2017) (noting the “wide array of cases from the four corners of the federal judicial system

involving the district court’s broad discretion to consider relevant and competent evidence on a

motion to dismiss for lack of subject matter jurisdiction to resolve factual issues”). “Although a

court must accept as true all factual allegations contained in the complaint when reviewing a

motion to dismiss pursuant to Rule 12(b)(1),” the factual allegations in the complaint “will bear

closer scrutiny in resolving a 12(b)(1) motion than in resolving a 12(b)(6) motion for failure to

state a claim.” Wright v. Foreign Serv. Grievance Bd., 503 F. Supp. 2d 163, 170 (D.D.C. 2007)

(internal quotation marks omitted).

2. Federal Rule 12(b)(6)

A party may move under Rule 12(b)(6) to dismiss a complaint on the grounds that it

“fail[s] to state a claim upon which relief can be granted.” Fed. R. Civ. P. 12(b)(6). “[A]

complaint [does not] suffice if it tenders ‘naked assertion[s]’ devoid of ‘further factual

enhancement.’ ” Ashcroft v. Iqbal, 556 U.S. 662, 678 (2009) (quoting Bell Atl. Corp. v.
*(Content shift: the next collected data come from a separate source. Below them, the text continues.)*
-- ===== src/Stats/Collector/Counts.antt =====
-- What one atomic operation of internal/wait0/stats/collector.go does to the gauge and its goroutine.
use wait.Base.{ℕ, ◌+◌, ◌-◌, ◌%◌, ◌≤◌, ◌≡◌, ◌⊎◌, two64, max_uint64, arith}
use wait.Stats.Collector.{
  Gauge, Pc, add_count, add_total, load_min, swap_min, load_max, swap_max, finished, advance,
}

-- The size that a goroutine observes.
unfoldable pub value : Pc → ℕ
value (add_count n) = n
value (add_total n) = n
value (load_min n) = n
value (swap_min n cur) = n
value (load_max n) = n
value (swap_max n cur) = n
value (finished n) = n

-- What it has added to the count and to the total.
unfoldable pub counted : Pc → ℕ
counted (add_count n) = 0
counted (add_total n) = 1
counted (load_min n) = 1
counted (swap_min n cur) = 1
counted (load_max n) = 1
counted (swap_max n cur) = 1
counted (finished n) = 1

unfoldable pub added : Pc → ℕ
added (add_count n) = 0
added (add_total n) = 0
added (load_min n) = n
added (swap_min n cur) = n
added (load_max n) = n
added (swap_max n cur) = n
added (finished n) = n

-- A bound that the minimum keeps for it once its loop is left, and one that the maximum keeps.
unfoldable pub low_done : Pc → ℕ
low_done (load_max n) = n
low_done (swap_max n cur) = n
low_done (finished n) = n
low_done (add_count n) = max_uint64
low_done (add_total n) = max_uint64
low_done (load_min n) = max_uint64
low_done (swap_min n cur) = max_uint64

unfoldable pub high_done : Pc → ℕ
high_done (finished n) = n
high_done (add_count n) = 0
high_done (add_total n) = 0
high_done (load_min n) = 0
high_done (swap_min n cur) = 0
high_done (load_max n) = 0
high_done (swap_max n cur) = 0

-- How far a swap that is planned would move a bound the wrong way.
unfoldable pub gap : Pc → ℕ
gap (swap_min n cur) = n - cur
gap (swap_max n cur) = cur - n
gap (add_count n) = 0
gap (add_total n) = 0
gap (load_min n) = 0
gap (load_max n) = 0
gap (finished n) = 0

pub record Moves (g : Gauge) (pc : Pc) (g' : Gauge) (pc' : Pc) : Type 0 where
  pub observes : value pc' ≡ value pc
  pub counts : g'.count ≡ (g.count + counted pc' - counted pc) % two64
  pub counts_up : counted pc ≤ counted pc'
  pub adds : g'.total ≡ (g.total + added pc' - added pc) % two64
  pub adds_up : added pc ≤ added pc'
  pub low : g'.min ≤ g.min
  pub low_from : (g'.min ≡ g.min) ⊎ (g'.min ≡ value pc)
  pub low_kept : g'.min ≤ low_done pc'
  pub high : g.max ≤ g'.max
  pub high_from : (g'.max ≡ g.max) ⊎ (g'.max ≡ value pc)
  pub high_kept : high_done pc' ≤ g'.max
  pub planned : gap pc' ≤ 0

-- A gauge whose counters are uint64, and a goroutine that it has kept its bounds for.
pub record Keeps (g : Gauge) (pc : Pc) : Type 0 where
  pub count_small : g.count ≡ g.count % two64
  pub total_small : g.total ≡ g.total % two64
  pub min_small : g.min ≤ max_uint64
  pub low_kept : g.min ≤ low_done pc
  pub high_kept : high_done pc ≤ g.max
  pub planned : gap pc ≤ 0

pub advance-Moves :
    (g : Gauge) (pc : Pc) → Keeps g pc → Moves g pc (advance g pc).0 (advance g pc).1
unfolding advance value counted added low_done high_done gap
advance-Moves g (add_count n) k = ground arith
advance-Moves g (add_total n) k = ground arith
advance-Moves g (load_min n) k = ground arith
advance-Moves g (swap_min n cur) k = ground arith
advance-Moves g (load_max n) k = ground arith
advance-Moves g (swap_max n cur) k = ground arith
advance-Moves g (finished n) k = ground arith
Twombly, 550 U.S. 544, 557 (2007)). Rather, a complaint must contain sufficient factual

allegations that, if accepted as true, “state a claim to relief that is plausible on its face.” Twombly,

550 U.S. at 570. “A claim has facial plausibility when the plaintiff pleads factual content that

allows the court to draw the reasonable inference that the defendant is liable for the misconduct

alleged.” Iqbal, 556 U.S. at 678. In considering such a motion, the Court accepts as true the

3 well-pleaded allegations in the operative complaint, but it does “not accept as true . . . the

plaintiff’s legal conclusions or inferences that are unsupported by the facts alleged.” Ralls Corp.

v. Comm. on Foreign Inv. in U.S., 758 F.3d 296, 315 (D.C. Cir. 2014).

B. Pro Se Pleadings

Pro se pleadings must be held to “less stringent standards than formal pleadings drafted

by lawyers,” Erickson v. Pardus, 551 U.S. 89, 94 (2007) (per curiam), but still they must satisfy

the minimal requirement of alleging sufficient “factual matter” to permit a court “to infer more

than the mere possibility of misconduct[.]” Brown v. Whole Foods Mkt. Grp., Inc., 789 F.3d

146, 150 (D.C. Cir. 2015) (quoting Atherton v. District of Columbia Off. of the Mayor, 567 F.3d

672, 681-82 (D.C. Cir. 2009) (internal quotation marks omitted). In addition, when considering

a motion to dismiss, the court should read the pro se filings collectively. Therefore, the Court

will consider not only the facts alleged in the amended complaint, but also any facts alleged in

plaintiff’s opposition and supplemental opposition.